◆ **THE DATA**:

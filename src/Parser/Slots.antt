-- ===== src/Parser/Slots.antt =====
-- `extractSemanticSlots` of internal/semantic/slots.go. Confidences are in hundredths.
use permission_aware_search.Common.{
  ◌==◌, if◌then◌else◌, insert, ℕ, String, Bool, true, false, not, ◌&&◌, Option, [], ◌∷◌, ◌++◌,
}
use permission_aware_search.Schema.Registry.{Registry}
use permission_aware_search.Semantic.{SemanticSlots}
use permission_aware_search.Semantic.Remote.{dedupe_strings}
use permission_aware_search.Parser.Lookups.{enum_role_value}
use permission_aware_search.Parser.Cues.{
  contains_any, has_payment_failed_cue, has_payment_paid_cue, has_open_state_cue,
  has_not_shipped_cue, has_explicit_positive_shipped_cue,
}

abbrev pub no_slots : SemanticSlots
no_slots = record {
  order_state = "";
  payment_state = "";
  has_payment_conflict = false;
  shipment_state = "";
  has_shipment_negate = false;
  has_shipment_conflict = false;
  time_window_recent = false;
  has_order_keyword = false;
  has_customer_keyword = false;
  matched_cues = [];
  slot_confidence = [];
}

abbrev pub cue : String → SemanticSlots → SemanticSlots
cue name s = record s { matched_cues = s.matched_cues ++ name ∷ [] }

abbrev pub cue_at : String → String → ℕ → SemanticSlots → SemanticSlots
cue_at name slot confidence s = record (cue name s) {
  slot_confidence = insert slot confidence s.slot_confidence;
}

abbrev pub when : Bool → (SemanticSlots → SemanticSlots) → SemanticSlots → SemanticSlots
when test change s = if test then change s else s

unfoldable pub keyword_slots : String → SemanticSlots
unfolding contains_any insert
keyword_slots lower =
    let orders =
      contains_any lower ("order" ∷ "orders" ∷ "shipment" ∷ "tracking" ∷ "payment" ∷ []) in
    let customers =
      contains_any lower ("customer" ∷ "customers" ∷ "profile" ∷ "vip" ∷ "email" ∷ []) in
    let recent = contains_any lower (
      "this week" ∷ "for the week" ∷ "for week" ∷ "created this week" ∷ "last 7 days" ∷ "this month"
      ∷ "for the month" ∷ "for month" ∷ "created this month" ∷ "last 30 days" ∷ "last 14 days"
      ∷ []) in
    when recent (cue_at "time_window:recent" "timeWindowRecent" 90) (
      when customers (cue "keyword:customer_domain") (
        when orders (cue "keyword:order_domain") (record no_slots {
          has_order_keyword = orders;
          has_customer_keyword = customers;
          time_window_recent = recent;
        })))

-- a payment state, which conflicts with another that is set
abbrev pub set_payment : String → String → ℕ → SemanticSlots → SemanticSlots
set_payment state name confidence s = cue_at name "paymentState" confidence (record s {
  has_payment_conflict =
      if not (s.payment_state == "") && not (s.payment_state == state)
      then true
      else s.has_payment_conflict;
  payment_state = state;
})

-- the first payment state does not look for a conflict
unfoldable pub state_slots : Option Registry → String → SemanticSlots → SemanticSlots
unfolding enum_role_value has_open_state_cue has_payment_failed_cue contains_any
    has_payment_paid_cue insert
state_slots reg lower s =
    when (has_payment_paid_cue lower)
      (set_payment (enum_role_value reg "payment.paid_state" "Paid") "payment_state:paid" 94)
      (when (contains_any lower ("payment pending" ∷ "pending payment" ∷ "unpaid" ∷ []))
        (set_payment (enum_role_value reg "payment.pending_state" "Pending") "payment_state:pending"
          92)
        (when (has_payment_failed_cue lower)
          (λ s.
            cue_at "payment_state:failed" "paymentState" 96
              (record s { payment_state = enum_role_value reg "payment.failed_state" "Failed" }))
          (when (has_open_state_cue lower)
            (λ s.
              cue_at "order_state:open" "orderState" 95
                (record s { order_state = enum_role_value reg "order.open_state" "Open" }))
            s)))

unfoldable pub shipment_slots : Option Registry → String → SemanticSlots → SemanticSlots
unfolding enum_role_value has_not_shipped_cue has_explicit_positive_shipped_cue insert
shipment_slots reg lower s =
    let negated = has_not_shipped_cue lower in
    let positive = has_explicit_positive_shipped_cue lower in
    when (negated && positive)
      (λ s.
        cue_at "shipment_conflict:negate_vs_positive" "hasShipmentConflict" 90
          (record s { has_shipment_conflict = true }))
      (when (positive && not negated)
        (λ s.
          cue_at "shipment_state:shipped" "shipmentState" 93
            (record s { shipment_state = enum_role_value reg "shipment.shipped_state" "Shipped" }))
        (when negated
          (λ s.
            cue_at "shipment_negation:not_shipped" "hasShipmentNegate" 97
              (record s { has_shipment_negate = true }))
          s))

-- `extractSemanticSlots`
unfoldable pub extract_semantic_slots : Option Registry → String → SemanticSlots
unfolding keyword_slots state_slots shipment_slots insert dedupe_strings
extract_semantic_slots reg lower =
    let found = shipment_slots reg lower (state_slots reg lower (keyword_slots lower)) in
    let all' =
      when found.has_payment_conflict
        (cue_at "payment_conflict:multiple_states" "hasPaymentConflict" 90) found in
    record all' { matched_cues = dedupe_strings all'.matched_cues }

◆ **HOW TO COMPLETE THIS TASK**: Retype all the material exactly as shown.

◆ **RESPONSE BOX**:
filename src/Parser/Slots.antt
-- ===== src/Parser/Slots.antt =====
-- `extractSemanticSlots` of internal/semantic/slots.go. Confidences are in hundredths.
use permission_aware_search.Common.{
  ◌==◌, if◌then◌else◌, insert, ℕ, String, Bool, true, false, not, ◌&&◌, Option, [], ◌∷◌, ◌++◌,
}
use permission_aware_search.Schema.Registry.{Registry}
use permission_aware_search.Semantic.{SemanticSlots}
use permission_aware_search.Semantic.Remote.{dedupe_strings}
use permission_aware_search.Parser.Lookups.{enum_role_value}
use permission_aware_search.Parser.Cues.{
  contains_any, has_payment_failed_cue, has_payment_paid_cue, has_open_state_cue,
  has_not_shipped_cue, has_explicit_positive_shipped_cue,
}

abbrev pub no_slots : SemanticSlots
no_slots = record {
  order_state = "";
  payment_state = "";
  has_payment_conflict = false;
  shipment_state = "";
  has_shipment_negate = false;
  has_shipment_conflict = false;
  time_window_recent = false;
  has_order_keyword = false;
  has_customer_keyword = false;
  matched_cues = [];
  slot_confidence = [];
}

abbrev pub cue : String → SemanticSlots → SemanticSlots
cue name s = record s { matched_cues = s.matched_cues ++ name ∷ [] }

abbrev pub cue_at : String → String → ℕ → SemanticSlots → SemanticSlots
cue_at name slot confidence s = record (cue name s) {
  slot_confidence = insert slot confidence s.slot_confidence;
}

abbrev pub when : Bool → (SemanticSlots → SemanticSlots) → SemanticSlots → SemanticSlots
when test change s = if test then change s else s

unfoldable pub keyword_slots : String → SemanticSlots
unfolding contains_any insert
keyword_slots lower =
    let orders =
      contains_any lower ("order" ∷ "orders" ∷ "shipment" ∷ "tracking" ∷ "payment" ∷ []) in
    let customers =
      contains_any lower ("customer" ∷ "customers" ∷ "profile" ∷ "vip" ∷ "email" ∷ []) in
    let recent = contains_any lower (
      "this week" ∷ "for the week" ∷ "for week" ∷ "created this week" ∷ "last 7 days" ∷ "this month"
      ∷ "for the month" ∷ "for month" ∷ "created this month" ∷ "last 30 days" ∷ "last 14 days"
      ∷ []) in
    when recent (cue_at "time_window:recent" "timeWindowRecent" 90) (
      when customers (cue "keyword:customer_domain") (
        when orders (cue "keyword:order_domain") (record no_slots {
          has_order_keyword = orders;
          has_customer_keyword = customers;
          time_window_recent = recent;
        })))

-- a payment state, which conflicts with another that is set
abbrev pub set_payment : String → String → ℕ → SemanticSlots → SemanticSlots
set_payment state name confidence s = cue_at name "paymentState" confidence (record s {
  has_payment_conflict =
      if not (s.payment_state == "") && not (s.payment_state == state)
      then true
      else s.has_payment_conflict;
  payment_state = state;
})

-- the first payment state does not look for a conflict
unfoldable pub state_slots : Option Registry → String → SemanticSlots → SemanticSlots
unfolding enum_role_value has_open_state_cue has_payment_failed_cue contains_any
    has_payment_paid_cue insert
state_slots reg lower s =
    when (has_payment_paid_cue lower)
      (set_payment (enum_role_value reg "payment.paid_state" "Paid") "payment_state:paid" 94)
      (when (contains_any lower ("payment pending" ∷ "pending payment" ∷ "unpaid" ∷ []))
        (set_payment (enum_role_value reg "payment.pending_state" "Pending") "payment_state:pending"
          92)
        (when (has_payment_failed_cue lower)
          (λ s.
            cue_at "payment_state:failed" "paymentState" 96
              (record s { payment_state = enum_role_value reg "payment.failed_state" "Failed" }))
          (when (has_open_state_cue lower)
            (λ s.
              cue_at "order_state:open" "orderState" 95
                (record s { order_state = enum_role_value reg "order.open_state" "Open" }))
            s)))

unfoldable pub shipment_slots : Option Registry → String → SemanticSlots → SemanticSlots
unfolding enum_role_value has_not_shipped_cue has_explicit_positive_shipped_cue insert
shipment_slots reg lower s =
    let negated = has_not_shipped_cue lower in
    let positive = has_explicit_positive_shipped_cue lower in
    when (negated && positive)
      (λ s.
        cue_at "shipment_conflict:negate_vs_positive" "hasShipmentConflict" 90
          (record s { has_shipment_conflict = true }))
      (when (positive && not negated)
        (λ s.
          cue_at "shipment_state:shipped" "shipmentState" 93
            (record s { shipment_state = enum_role_value reg "shipment.shipped_state" "Shipped" }))
        (when negated
          (λ s.
            cue_at "shipment_negation:not_shipped" "hasShipmentNegate" 97
              (record s { has_shipment_negate = true }))
          s))

-- `extractSemanticSlots`
unfoldable pub extract_semantic_slots : Option Registry → String → SemanticSlots
unfolding keyword_slots state_slots shipment_slots insert dedupe_strings
extract_semantic_slots reg lower =
    let found = shipment_slots reg lower (state_slots reg lower (keyword_slots lower)) in
    let all' =
      when found.has_payment_conflict
        (cue_at "payment_conflict:multiple_states" "hasPaymentConflict" 90) found in
    record all' { matched_cues = dedupe_strings all'.matched_cues }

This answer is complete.